Wednesday, November 24, 2010

The Master's Wall by Sandi Rog



book cover

The Master's Wall
by Sandi Rog


ISBN-13: 978-1-936341-02-3
Trade Paperback: 300 pages
Publisher: DeWard Publishing Company
Released: 2010


Source: Won from a giveaway on another blog.

Book Description, my take:
As a boy, David watches his parents dragged away to their death for being Christians. He's badly injured while trying to stop the soldiers from raping his mother, so a slaver easily captures the Hebrew boy and sells him to a wealthy Roman living just outside of Rome. There he meets Alethea, the granddaughter of his owner.

Alethea watched as her grandfather ordered her father tied to a horse and dragged to death because her father refused to stop being a Christian. Alethea now lives in fear of her abusive grandfather and with the hurt that her father didn't love her more than his God.

David and Alethea strike up a friendship based on their mutual loss. As they grow up, David tries to teach her about Christianity, but she refuses to convert out of fear for her life. She also believes that she's never sinned and so doesn't need saving. David is tempted to escape but decides to stay and protect Alethea as best he can.

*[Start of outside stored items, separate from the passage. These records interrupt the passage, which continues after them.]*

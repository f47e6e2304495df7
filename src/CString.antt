-- ===== src/CString.antt =====
-- The functions of the C library that the sources call on strings, in the "C" locale. A C string is
-- the list of its bytes before the NUL, so a read at its end gives 0. These are the language's
-- library, not code of the repository.
pub mod Search
use mlmmj.Base.{
  ℕ, zero, suc, ◌+◌, Bool, true, false, ◌&&◌, ◌||◌, [], ◌∷◌, Option, none, some, leb, ◌==◌,
  if◌then◌else◌, Bytes,
}

-- `*s`
abbrev pub peek : Bytes → ℕ
peek [] = 0
peek (c ∷ s) = c

-- `s + 1`
abbrev pub rest_of : Bytes → Bytes
rest_of [] = []
rest_of (c ∷ s) = s

unfoldable pub tolower : ℕ → ℕ
tolower c = if leb b'A' c && leb c b'Z' then c + 32 else c

abbrev pub is_digit : ℕ → Bool
is_digit c = leb b'0' c && leb c b'9'

abbrev pub is_xdigit : ℕ → Bool
is_xdigit c = is_digit c || (leb b'a' c && leb c b'f') || (leb b'A' c && leb c b'F')

-- `strcmp(a, b) == 0`
unfoldable pub str_eq : Bytes → Bytes → Bool
str_eq [] [] = true
str_eq (x ∷ a) (y ∷ b) = x == y && str_eq a b
str_eq _ _ = false

-- `strncmp(s, prefix, strlen(prefix)) == 0`, with what follows the prefix
unfoldable pub strip_prefix : Bytes → Bytes → Option Bytes
strip_prefix [] s = some s
strip_prefix (p ∷ ps) [] = none
strip_prefix (p ∷ ps) (c ∷ s) = if p == c then strip_prefix ps s else none

-- `strcasecmp(a, b) == 0`
unfoldable pub case_eq : Bytes → Bytes → Bool
unfolding tolower
case_eq [] [] = true
case_eq (x ∷ a) (y ∷ b) = tolower x == tolower y && case_eq a b
case_eq _ _ = false

-- `strncasecmp(a, b, n) == 0`
unfoldable pub case_eq_n : ℕ → Bytes → Bytes → Bool
unfolding tolower
case_eq_n zero a b = true
case_eq_n (suc n) [] [] = true
case_eq_n (suc n) (x ∷ a) (y ∷ b) = tolower x == tolower y && case_eq_n n a b
case_eq_n (suc n) _ _ = false

-- `strchr(s, c)`: what stands before the first `c`, and what stands after it
unfoldable pub strchr : ℕ → Bytes → Option (Bytes × Bytes)
strchr c [] = none
strchr c (x ∷ s) =
    let later = strchr c s in
    if x == c then some ([], s) else elim later [ none ↦ none | some (a, b) ↦ some (x ∷ a, b) ]

-- `strchr(s, c) != NULL`
unfoldable pub contains : ℕ → Bytes → Bool
contains c [] = false
contains c (x ∷ s) = x == c || contains c s

-- `strstr(s, needle)`: what stands before the first place where the needle stands, and the rest from
-- there on
unfoldable pub strstr : Bytes → Bytes → Option (Bytes × Bytes)
unfolding strip_prefix
strstr needle [] = elim (strip_prefix needle []) [ none ↦ none | some after ↦ some ([], []) ]
strstr needle (c ∷ s) =
    let later = strstr needle s in
    elim (strip_prefix needle (c ∷ s)) [
      | some after ↦ some ([], c ∷ s)
      | none ↦ elim later [ none ↦ none | some (a, b) ↦ some (c ∷ a, b) ]
    ]

-- `strrchr(s, c)`: what stands before the last `c`, and what stands after it
unfoldable pub strrchr : ℕ → Bytes → Option (Bytes × Bytes)
strrchr c [] = none
strrchr c (x ∷ s) = elim (strrchr c s) [
  | some (a, b) ↦ some (x ∷ a, b)
  | none ↦ if x == c then some ([], s) else none
]
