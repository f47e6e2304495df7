-- ===== src/Access.antt =====
-- Access rules, `do_access` of src/mlmmj-process.c. The regular expressions of the C library enter as
-- an interface; what it logs is the second part of the result.
pub mod Rules
pub mod Closed
mod Tests
use mlmmj.Base.{
  ℕ, ◌+◌, ◌*◌, ◌^◌, Bool, true, false, ◌&&◌, Option, none, some, List, [], ◌∷◌, ◌==◌, if◌then◌else◌,
  Bytes, codes,
}
use mlmmj.CString.{peek, rest_of, strip_prefix}

-- `regcomp` and `regexec` with the flags that the source gives them.
pub record Regex : Type 1 where
  pub Compiled : Type 0
  pub compile : Bytes → Option Compiled
  pub exec : Compiled → Bytes → Bool

pub data Action : Type 0 where
  allow send deny moderate discard : Action

-- The lines that `do_access` writes to the operation log; a number is the rule's.
pub data LogLine : Type 0 where
  missing_keyword : ℕ → Bytes → LogLine
  invalid_character : ℕ → Bytes → LogLine
  bad_regexp : ℕ → Bytes → Bytes → LogLine
  by_keyword : ℕ → Bytes → Action → LogLine
  by_header : ℕ → Bytes → Action → Bytes → LogLine
  by_absence : ℕ → Bytes → Action → LogLine
  by_default : LogLine

abbrev pub Verdict : Type 0
Verdict = Action × LogLine

-- The action keyword, and what follows it.
unfoldable pub parse_action : Bytes → Option (Action × Bytes)
parse_action rule = elim (strip_prefix (codes "allow") rule) [
  | some r ↦ some (allow, r)
  | none ↦ elim (strip_prefix (codes "send") rule) [
    | some r ↦ some (send, r)
    | none ↦ elim (strip_prefix (codes "deny") rule) [
      | some r ↦ some (deny, r)
      | none ↦ elim (strip_prefix (codes "moderate") rule) [
        | some r ↦ some (moderate, r)
        | none ↦ elim (strip_prefix (codes "discard") rule) [
          | some r ↦ some (discard, r)
          | none ↦ none
        ]
      ]
    ]
  ]
]

-- `while (strncmp(rule_ptr, ".*", 2) == 0) rule_ptr += 2;`
unfoldable pub skip_stars : Bytes → Bytes
skip_stars [] = []
skip_stars (c ∷ []) = c ∷ []
skip_stars (c ∷ d ∷ s) = if c == b'.' && d == b'*' then skip_stars s else c ∷ d ∷ s

-- The expression that is compiled: unanchored leading `.*` removed.
unfoldable pub unanchored : Bytes → Bytes
unanchored p = elim (strip_prefix (codes "^.*") p) [ some r ↦ skip_stars r | none ↦ skip_stars p ]

module _ (R : Regex) where
  -- The loop over the headers.
  unfoldable pub first_match : R.Compiled → List Bytes → Option Bytes
  first_match re [] = none
  first_match re (h ∷ hdrs) = if R.exec re h then some h else first_match re hdrs

  -- `if (match != not)`
  unfoldable pub act_on : ℕ → Bytes → Action → Bool → Option Bytes → Option Verdict
  act_on i rule act false (some h) = some (act, by_header i rule act h)
  act_on i rule act true none = some (act, by_absence i rule act)
  act_on i rule act true (some h) = none
  act_on i rule act false none = none

  unfoldable pub judge_pattern : ℕ → Bytes → Action → Bool → Bytes → List Bytes → Option Verdict
  judge_pattern i rule act negated p hdrs = elim (R.compile (unanchored p)) [
    | none ↦ some (deny, bad_regexp i rule (unanchored p))
    | some re ↦ act_on i rule act negated (first_match re hdrs)
  ]

  unfoldable pub judge_rest : ℕ → Bytes → Action → Bytes → List Bytes → Option Verdict
  judge_rest i rule act [] hdrs = some (act, by_keyword i rule act)
  judge_rest i rule act (c ∷ r) hdrs =
      if c == b' '
      then (if peek r == b'!'
          then judge_pattern i rule act true (rest_of r) hdrs
          else judge_pattern i rule act false r hdrs)
      else some (deny, invalid_character i rule)

  -- One round of the loop over the rules; `none` goes on to the next rule.
  unfoldable pub judge : ℕ → Bytes → List Bytes → Option Verdict
  judge i rule hdrs = elim (parse_action rule) [
    | none ↦ some (deny, missing_keyword i rule)
    | some (act, r) ↦ judge_rest i rule act r hdrs
  ]

  unfoldable pub access_from : ℕ → List Bytes → List Bytes → Verdict
  access_from i [] hdrs = (deny, by_default)
  access_from i (rule ∷ rules) hdrs =
      let later = access_from (i + 1) rules hdrs in
      elim (judge i rule hdrs) [ some v ↦ v | none ↦ later ]

  unfoldable pub do_access : List Bytes → List Bytes → Verdict
  do_access rules hdrs = access_from 0 rules hdrs
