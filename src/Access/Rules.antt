-- ===== src/Access/Rules.antt =====
-- The syntax and the meaning of access rules, against `do_access` of src/mlmmj-process.c.
use mlmmj.Base.{
  ℕ, ◌+◌, ◌≡◌, refl, Bool, true, false, Option, none, some, List, [], ◌∷◌, ◌++◌, map, arith, ◌==◌,
  if◌then◌else◌, Bytes, codes, All, any, sym, ap, ◌∙◌, append-nil,
}
use mlmmj.CString.{peek, strip_prefix}
use mlmmj.Access.{
  Action, Regex, allow, send, deny, moderate, discard, bad_regexp, Verdict, parse_action,
  unanchored, first_match, act_on, judge_pattern, judge_rest, judge, access_from, do_access,
}

pub data Rule : Type 0 where
  keyword : Action → Rule
  test : Action → Bool → Bytes → Rule

abbrev pub action_text : Action → Bytes
action_text allow = codes "allow"
action_text send = codes "send"
action_text deny = codes "deny"
action_text moderate = codes "moderate"
action_text discard = codes "discard"

-- A rule as it stands in the file; a `!` negates the test.
abbrev pub print_rule : Rule → Bytes
print_rule (keyword a) = action_text a
print_rule (test a true p) = action_text a ++ (b' ' ∷ b'!' ∷ p)
print_rule (test a false p) = action_text a ++ (b' ' ∷ p)

-- A test that is not negated has no `!` in front, or it would read as negated.
abbrev pub IsClear : Rule → Type 0
IsClear (test a false p) = (peek p == b'!') ≡ false
IsClear _ = Unit {0}

abbrev pub action_of : Rule → Action
action_of (keyword a) = a
action_of (test a n p) = a

parse_action-text : (a : Action) (r : Bytes) → parse_action (action_text a ++ r) ≡ some (a, r)
unfolding parse_action strip_prefix
parse_action-text allow r = refl
parse_action-text send r = refl
parse_action-text deny r = refl
parse_action-text moderate r = refl
parse_action-text discard r = refl

module _ (R : Regex) where
  -- What a rule decides on the headers: `none` goes on. A pattern that does not compile denies.
  abbrev pub decide_test : Option R.Compiled → Action → Bool → List Bytes → Option Action
  decide_test none a negated hdrs = some deny
  decide_test (some re) a true hdrs = if any (R.exec re) hdrs then none else some a
  decide_test (some re) a false hdrs = if any (R.exec re) hdrs then some a else none

  abbrev pub decide_rule : Rule → List Bytes → Option Action
  decide_rule (keyword a) hdrs = some a
  decide_rule (test a negated p) hdrs = decide_test (R.compile (unanchored p)) a negated hdrs

  -- The first rule that decides; without one the mail is denied.
  abbrev pub decide : List Rule → List Bytes → Action
  decide [] hdrs = deny
  decide (r ∷ rules) hdrs = elim (decide_rule r hdrs) [ some a ↦ a | none ↦ decide rules hdrs ]

  abbrev pub action? : Option Verdict → Option Action
  action? none = none
  action? (some v) = some v.0

  is_some : {A : Type 0} → Option A → Bool
  is_some none = false
  is_some (some x) = true

  first_match-any :
      (re : R.Compiled) (hdrs : List Bytes) → is_some (first_match R re hdrs) ≡ any (R.exec re) hdrs
  unfolding first_match is_some
  first_match-any re [] = refl
  first_match-any re (h ∷ hdrs) = ground (arith, first_match-any re hdrs)

  judge_pattern-decide_test :
      (i : ℕ) (rule : Bytes) (a : Action) (negated : Bool) (p : Bytes) (hdrs : List Bytes)
      → action? (judge_pattern R i rule a negated p hdrs)
        ≡ decide_test (R.compile (unanchored p)) a negated hdrs
  unfolding judge_pattern
  judge_pattern-decide_test i rule a negated p hdrs = go (R.compile (unanchored p)) negated
    where
      go :
          (c : Option R.Compiled) (n : Bool)
          → action? (elim c [
            | none ↦ some (deny, bad_regexp i rule (unanchored p))
            | some re ↦ act_on R i rule a n (first_match R re hdrs)
          ])
            ≡ decide_test c a n hdrs
      go none n = refl
      go (some re) true = unfold act_on is_some in ground (arith, first_match-any re hdrs)
      go (some re) false = unfold act_on is_some in ground (arith, first_match-any re hdrs)

  pub judge-judge_rest :
      (i : ℕ) (rule : Bytes) (a : Action) (r : Bytes) (hdrs : List Bytes)
      → parse_action rule ≡ some (a, r)
      → judge R i rule hdrs ≡ judge_rest R i rule a r hdrs
  unfolding judge
  judge-judge_rest i rule a r hdrs h = rw (h, judge) refl

  judge_rest-test :
      (i : ℕ) (rule : Bytes) (a : Action) (r : Bytes) (hdrs : List Bytes)
      → (peek r == b'!') ≡ false
      → judge_rest R i rule a (b' ' ∷ r) hdrs ≡ judge_pattern R i rule a false r hdrs
  unfolding judge_rest
  judge_rest-test i rule a r hdrs h = ground arith

  pub judge-decide_rule :
      (i : ℕ) (r : Rule) (hdrs : List Bytes)
      → IsClear r
      → action? (judge R i (print_rule r) hdrs) ≡ decide_rule r hdrs
  judge-decide_rule i (keyword a) hdrs h =
      ap action? (
        judge-judge_rest i (action_text a) a [] hdrs
          (ap parse_action (sym (append-nil (action_text a))) ∙ parse_action-text a []))
      ∙ unfold judge_rest in refl
  judge-decide_rule i (test a true p) hdrs h =
      ap action?
        (judge-judge_rest i _ a (b' ' ∷ b'!' ∷ p) hdrs (parse_action-text a (b' ' ∷ b'!' ∷ p)))
      ∙ unfold judge_rest in judge_pattern-decide_test i (print_rule (test a true p)) a true p hdrs
  judge-decide_rule i (test a false p) hdrs h =
      ap action? (
        judge-judge_rest i _ a (b' ' ∷ p) hdrs (parse_action-text a (b' ' ∷ p))
        ∙ judge_rest-test i (print_rule (test a false p)) a p hdrs h)
      ∙ judge_pattern-decide_test i (print_rule (test a false p)) a false p hdrs

  access_from-decide :
      (i : ℕ) (rules : List Rule) (hdrs : List Bytes)
      → All IsClear rules
      → (access_from R i (map print_rule rules) hdrs).0 ≡ decide rules hdrs
  unfolding access_from
  access_from-decide i [] hdrs h = refl
  access_from-decide i (r ∷ rules) hdrs h =
      ground (arith, judge-decide_rule i r hdrs h.0, access_from-decide (i + 1) rules hdrs h.1)

  -- The action of `do_access` on rules written in the documented syntax is that of the first rule
  -- that decides: a keyword alone does, a test does if a header matches, a negated one if none
  -- does, and an expression that does not compile denies. Without a deciding rule it denies.
  pub do_access-decide :
      (rules : List Rule) (hdrs : List Bytes)
      → All IsClear rules
      → (do_access R (map print_rule rules) hdrs).0 ≡ decide rules hdrs
  unfolding do_access
  do_access-decide rules hdrs h = access_from-decide 0 rules hdrs h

Then, in order to escape a painful punishment for disobedience, Alethea tells her grandfather that David put her in danger when the truth was that he saved her life. Can David forgive Alethea for her deep betrayal? Can Alethea become a woman who can win David's heart and find a way to marry him instead of her cruel betrothed?


My Review:
The Master's Wall is a Christian historical romance novel. It's set in Rome from 76 AD to about 84 AD. The characters were complex and realistic, and I liked Alethea even though she was a spoiled child. (She's 14 at the end of the book.) The romance didn't feel like a sure thing and had it's genuine struggles and problems. The Christian content was woven throughout the whole story and played a critical role in the story.

The setting was vividly described. While the historical detail was fairly good, it sometimes intruded on the story. Some details seemed present just to show off what the author had learned, but these instances were brief when they happened. However, the pacing would have been a little better in the first half if this excess detail was cut out along with some of the details of David's fight training. Incidentally, I doubted the fighting style that David was learning since, as described, it sounded impractical (mostly for show) but was supposed to be for actual combat.

There were also some historical and practical inaccuracies, though these were minor and uncritical to the story. One thing that confused me was that David called Jesus "Yahshua" instead of "Yeshua." (I looked it up, and apparently this is a re-naming of Jesus coined in 1930 AD and followed by a few people.) David referred to God as "Jehovah," which is also not historically accurate. Since I keep mentioning this, here's a quote from The Jewish New Testament Commentary by David H. Stern (page 4):

Long before Yeshua's day, however, the word "Adonai" had, out of respect, been substituted in speaking and in reading aloud for God's personal name, the four Hebrew letters yud-heh-vav-heh, variously written in English as "YHVH," "Yahweh," and "Jehovah." The Talmud (Pesachim 50a) made it a requirement not to pronounce the...("four letter name" of God), and this remains the rule in most modern Jewish settings....(Incidentally, the name "Jehovah" is a modern invention, an English hybrid based on the four Hebrew letters as transliterated into German, J-H-V-H, with the individually transliterated Hebrew vowel-points of "Adonai," e-o-a....

The Hebrew word for "he will save" is "yoshia'," which has the same Hebrew root (yud-shin-'ayin) as the name Yeshua (yud-shin-vav-'ayin). Thus the Messiah's name is explained on the basis of what he will do. Etymologically, the name Yeshua' is a contraction of the Hebrew name Y'hoshua' (English "Joshua"), which means "YHVH saves." It is also the masculine form of the Hebrew word "yeshu'ah," which means "salvation."

There was no bad language or explicit sex. Overall, I'd recommend it as an interesting and enjoyable novel.


If you've read this book, what do you think about it? I'd be honored if you wrote your own opinion of the book in the comments.


Excerpt from Chapter One
Rome, AD 76
David tried not to cry, tried not to breathe or make a sound as he crept along the dark street. Careful not to trip on the flat stones, he recalled how that morning he'd taken this same path, chasing friends between the alleys, pretending they were gladiators fighting at the Circus Maximus. Now again he followed the enemy. Only this enemy was real. There were three of them. And they had taken his parents.

Mamma. Abba. He wanted to shout out their names, to cry out to them.

He could still feel Mamma’s hand in his. Could feel her letting go as the soldiers pulled her away. Could feel her stola ripping as he clutched it. All he had left was the shredded fabric from her dress still in his hand. How empty his hand felt now that she was gone.

He made a fist. All he had in the world. Snatched away. And now their lives might depend on him. On what he would do at this moment. But he was just a child, a boy. What could he do? He'd follow them, see where they were taken. Then he could get help. Manius would know what to do.